Collected data entries
-- ===== src/Chief/Tcp/Empty.antt =====
-- What a provider without the encoding Windows-1251 is written.
use fmtp.Prelude.{
  ℕ, String, ◌≡◌, Bool, true, false, if_holds, if_false, Option, none, some, List, [], ◌∷◌, All,
  All-append, Bytes, ◌==◌, string_eq, if◌then◌else◌,
}
use fmtp.Channel.Settings.{encode1251}
use fmtp.Chief.Settings.{ProviderSettings}
use fmtp.Chief.Tcp.{
  OldiClnt, OldiTcpController, TcpEvent, setts_given, packet_given, server_listens, accepted,
  data_read, data_written, receive_cancelled, send_cancelled, get_clnt, close_clnt, give_packet,
  write_oldest, send_step, receive_from, tcp_step, tcp_run,
}
use fmtp.Chief.Tcp.Clients.{All-at_clnt, All-map_clnt, last_encoding-keeps, change_providers-keeps}

abbrev pub IsPlain : String → Type 0
IsPlain encoding = (encoding == encode1251) ≡ false

-- Settings none of whose providers has the encoding.
abbrev pub IsPlainEvent : TcpEvent → Type 0
IsPlainEvent (setts_given setts) =
    All (λ (val : ProviderSettings). IsPlain val.provider_encoding) setts
IsPlainEvent _ = Unit

-- All that has been written to a client is empty.
abbrev pub IsMute : OldiClnt → Type 0
IsMute clnt = All (λ (sent : Bytes). sent ≡ []) clnt.written

module _ (win1251_to_utf8 utf8_to_win1251 : Bytes → Bytes) where
  write_oldest-IsMute :
      (encoding : String) (done : Bool) (packets : List Bytes) (clnt : OldiClnt)
      → IsPlain encoding
      → IsMute clnt
      → IsMute (write_oldest win1251_to_utf8 utf8_to_win1251 encoding done packets clnt)
  write_oldest-IsMute encoding done [] clnt plain h = h
  write_oldest-IsMute encoding false (packet ∷ packets) clnt plain h = h
  write_oldest-IsMute encoding true (packet ∷ packets) clnt plain h =
      All-append (λ (sent : Bytes). sent ≡ []) clnt.written (_ ∷ []) h (if_false _ _ _ plain, tt)

  send_step-IsMute :
      (encoding : String) (done : Bool) (clnt : OldiClnt)
      → IsPlain encoding
      → IsMute clnt
      → IsMute (send_step win1251_to_utf8 utf8_to_win1251 encoding done clnt)
  unfolding send_step
  send_step-IsMute encoding done clnt plain h =
      if_holds IsMute clnt.sends _ clnt
        (λ sends. write_oldest-IsMute encoding done clnt.to_send_data_chan clnt plain h) (λ quit. h)

  give_packet-IsMute :
      (packet : Bytes) (clnt : OldiClnt) → IsMute clnt → IsMute (give_packet packet clnt)
  give_packet-IsMute packet clnt h = if_holds IsMute clnt.listed _ clnt (λ listed. h) (λ closed. h)

  quit-IsMute :
      (clnt next : OldiClnt)
      → IsMute next
      → IsMute clnt
      → IsMute (if clnt.listed then clnt else next)
  quit-IsMute clnt next g h = if_holds IsMute clnt.listed clnt next (λ listed. h) (λ closed. g)

  abbrev pub AllMute : OldiTcpController → Type 0
  AllMute c = All IsMute c.provider_clients × IsPlain c.provider_encoding

  receive_from-AllMute :
      (k : ℕ) (read : Option Bytes) (clnt : Option OldiClnt) (c : OldiTcpController)
      → AllMute c
      → AllMute (receive_from win1251_to_utf8 utf8_to_win1251 k read clnt c)
  receive_from-AllMute k read none c h = h
  receive_from-AllMute k none (some clnt) c (h, plain) =
      if_holds AllMute clnt.receives _ c
        (λ receives. (All-at_clnt IsMute close_clnt (λ clnt g. g) k c.provider_clients h, plain))
        (λ quit. (h, plain))
  receive_from-AllMute k (some buffer) (some clnt) c h =
      if_holds AllMute clnt.receives _ c (λ receives. h) (λ quit. h)

  tcp_step-AllMute :
      (event : TcpEvent) (c : OldiTcpController)
      → IsPlainEvent event
      → AllMute c
      → AllMute (tcp_step win1251_to_utf8 utf8_to_win1251 event c)
  unfolding tcp_step
  tcp_step-AllMute (setts_given setts) c all (h, plain) =
      let (kept, same) =
        change_providers-keeps (All IsMute) (All-map_clnt IsMute close_clnt (λ clnt g. g)) setts c
          h in
      (kept, rw same (last_encoding-keeps IsPlain setts c.provider_encoding all plain))
  tcp_step-AllMute (packet_given packet) c all (h, plain) = (
    All-map_clnt IsMute (give_packet packet) (give_packet-IsMute packet) c.provider_clients h,
    plain,
  )
  tcp_step-AllMute (server_listens works) c all h = h
  tcp_step-AllMute (accepted remote_addr) c all (h, plain) =
      (All-append IsMute c.provider_clients (_ ∷ []) h (tt, tt), plain)
  tcp_step-AllMute (data_read k read) c all h =
      receive_from-AllMute k read (get_clnt k c.provider_clients) c h
  tcp_step-AllMute (data_written k done) c all (h, plain) = (
    All-at_clnt IsMute _ (λ clnt. send_step-IsMute c.provider_encoding done clnt plain) k
        c.provider_clients h,
    plain,
  )
  tcp_step-AllMute (receive_cancelled k) c all (h, plain) =
      (All-at_clnt IsMute _ (λ clnt g. quit-IsMute clnt _ g g) k c.provider_clients h, plain)
  tcp_step-AllMute (send_cancelled k) c all (h, plain) =
      (All-at_clnt IsMute _ (λ clnt g. quit-IsMute clnt _ g g) k c.provider_clients h, plain)

  -- Where the encoding is another one than Windows-1251, and is so in all settings that come: whatever
  -- happens, all that is written to a provider is empty.
  pub tcp_run-AllMute :
      (events : List TcpEvent) (c : OldiTcpController)
      → All IsPlainEvent events
      → AllMute c
      → AllMute (tcp_run win1251_to_utf8 utf8_to_win1251 events c)
  unfolding tcp_run
  tcp_run-AllMute [] c all h = h
  tcp_run-AllMute (event ∷ events) c (plain, all) h =
      tcp_run-AllMute events _ all (tcp_step-AllMute event c plain h)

Work required: Retrieve each line of the data in which the word "some" can be found.

Task output:
  ℕ, String, ◌≡◌, Bool, true, false, if_holds, if_false, Option, none, some, List, [], ◌∷◌, All,
  receive_from-AllMute k none (some clnt) c (h, plain) =
  receive_from-AllMute k (some buffer) (some clnt) c h =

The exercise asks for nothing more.